— AIM OF THE EXERCISE —
The records follow. Filter them to the lines that hold "ground".

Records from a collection
┌──
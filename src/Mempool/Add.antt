-- ===== src/Mempool/Add.antt =====
-- What `add_raw_txn` of txpool/mempool.rs leaves: the water mark is the first gap, and the entries
-- before it are pending.
use gravity_kvstore.Prelude.{
  ℕ, ◌+◌, ◌≤◌, ◌<◌, ◌≡◌, refl, ◌&&◌, leb, ltb, if◌then◌else◌, Bytes, bytes_eq, bytes_beq,
  bytes_beq_refl, none, some, [], ok, arith, u64_mod,
}
use gravity_kvstore.Dict
use gravity_kvstore.Dict.Laws.{lookup-insert}
use gravity_kvstore.BTree
use gravity_kvstore.BTree.{BTree}
use gravity_kvstore.Types.{TransactionWithAccount}
use gravity_kvstore.Types.Deps.{Deps}
use gravity_kvstore.Types.Convert.{sequence_number}
use gravity_kvstore.Mempool.{
  MempoolTxn, Pool, waiting, or_insert, put_txn, promote, process_txn, add_txn, add_raw_txn,
  raw_txn_key,
}
use gravity_kvstore.Mempool.Promote.{mark_pending, promote-end, promote-covers, lookup-promote}
use gravity_kvstore.Mempool.WellFormed.{IsWellFormed, insert-IsTree}

-- The account's entries with the new one, which is waiting.
abbrev pub entries_with : Bytes → TransactionWithAccount → Pool → BTree MempoolTxn
entries_with a txn pool =
    BTree.insert (sequence_number txn) (record { raw_txn = txn; status = waiting })
      (or_insert [] (Dict.lookup a pool.mempool))

abbrev pub mark_of : Bytes → Pool → ℕ
mark_of a pool = or_insert 0 (Dict.lookup a pool.water_mark)

module _ (d : Deps) (E : Type 0) (txn : TransactionWithAccount) (pool : Pool) (a : Bytes) where
  -- The pool that the walk over the new entries, from the old mark, leaves.
  abbrev walked : ℕ × BTree MempoolTxn → Pool
  walked (seq, txns) = record {
    water_mark = Dict.insert a seq pool.water_mark;
    mempool = Dict.insert a txns (Dict.insert a (entries_with a txn pool) pool.mempool);
  }

  add_txn-eq-walked :
      let (done, seq, txns) =
        promote {E = E} d.overflow_checks (entries_with a txn pool) (mark_of a pool) in
      add_txn d {E = E} a (sequence_number txn) txn pool ≡ (done, walked (seq, txns))
  unfolding add_txn process_txn put_txn
  add_txn-eq-walked =
      ground (arith, lookup-insert a a (entries_with a txn pool) pool.mempool, bytes_beq_refl a)

  add_raw_txn-eq-walked :
      (hash : Bytes)
      → raw_txn_key d {E = E} txn ≡ ok (a, hash)
      → let (done, seq, txns) =
          promote {E = E} d.overflow_checks (entries_with a txn pool) (mark_of a pool) in
        done ≡ ok tt → add_raw_txn d {E = E} txn pool ≡ (ok hash, walked (seq, txns))
  unfolding add_raw_txn
  add_raw_txn-eq-walked hash key done = ground (arith, add_txn-eq-walked)

  -- In a well formed pool, where the transaction's address converts, it can be hashed, and its
  -- nonce is not the last `u64`, an addition goes through with the hash. The account's mark does
  -- not fall, and ends at a number without an entry; an entry from the old mark up to the new is
  -- pending, any other as it was put in. Other accounts are as before.
  pub add_raw_txn-marks :
      (hash : Bytes) (n : ℕ) (b : Bytes)
      → IsWellFormed pool
      → sequence_number txn + 1 < u64_mod
      → raw_txn_key d {E = E} txn ≡ ok (a, hash)
      → let before = entries_with a txn pool in
        let (result, pool') = add_raw_txn d {E = E} txn pool in
        (mark : ℕ) × (after : BTree MempoolTxn) × (result ≡ ok hash)
        × (Dict.lookup b pool'.water_mark
            ≡ (if bytes_beq a b then some mark else Dict.lookup b pool.water_mark))
        × (Dict.lookup b pool'.mempool
            ≡ (if bytes_beq a b then some after else Dict.lookup b pool.mempool))
        × (mark_of a pool ≤ mark)
        × (BTree.lookup mark before ≡ none)
        × (BTree.lookup n after ≡ (
            if leb (mark_of a pool) n && ltb n mark
            then mark_pending (BTree.lookup n before)
            else BTree.lookup n before))
  unfolding add_raw_txn
  add_raw_txn-marks hash n b w fits key =
      let before = entries_with a txn pool in
      let old = mark_of a pool in
      let (sorted, keyed) =
        insert-IsTree a (sequence_number txn) (record { raw_txn = txn; status = waiting }) pool
          (refl, fits) w in
      let (done, up, gap) = promote-end E d.overflow_checks 0 before old sorted keyed in
      let (_, seq, txns) = promote {E = E} d.overflow_checks before old in
      let e = add_raw_txn-eq-walked hash key done in
      (
        seq,
        txns,
        rw e,
        rw e (lookup-insert a b seq pool.water_mark),
        rw e (
            ground (
              arith,
              lookup-insert a b txns (Dict.insert a before pool.mempool),
              lookup-insert a b before pool.mempool,
            )),
        up,
        gap,
        lookup-promote E d.overflow_checks 0 before old n sorted keyed,
      )

  -- Every number from the old mark up to the new has an entry.
  pub add_raw_txn-covers :
      (hash : Bytes) (n : ℕ)
      → IsWellFormed pool
      → sequence_number txn + 1 < u64_mod
      → raw_txn_key d {E = E} txn ≡ ok (a, hash)
      → mark_of a pool ≤ n
      → n < mark_of a (add_raw_txn d {E = E} txn pool).1
      → (found : MempoolTxn) × (BTree.lookup n (entries_with a txn pool) ≡ some found)
  add_raw_txn-covers hash n w fits key from below =
      let before = entries_with a txn pool in
      let old = mark_of a pool in
      let (sorted, keyed) =
        insert-IsTree a (sequence_number txn) (record { raw_txn = txn; status = waiting }) pool
          (refl, fits) w in
      let (done, _, _) = promote-end E d.overflow_checks 0 before old sorted keyed in
      let (_, seq, _) = promote {E = E} d.overflow_checks before old in
      let e = add_raw_txn-eq-walked hash key done in
      let mark : mark_of a (add_raw_txn d {E = E} txn pool).1 ≡ seq =
        rw e (ground (arith, lookup-insert a a seq pool.water_mark, bytes_beq_refl a)) in
      promote-covers E d.overflow_checks 0 before old n sorted keyed from (omega arith)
└──
— SOLUTION FOR THIS TASK —
      ground (arith, lookup-insert a a (entries_with a txn pool) pool.mempool, bytes_beq_refl a)
  add_raw_txn-eq-walked hash key done = ground (arith, add_txn-eq-walked)
            ground (
        rw e (ground (arith, lookup-insert a a seq pool.water_mark, bytes_beq_refl a)) in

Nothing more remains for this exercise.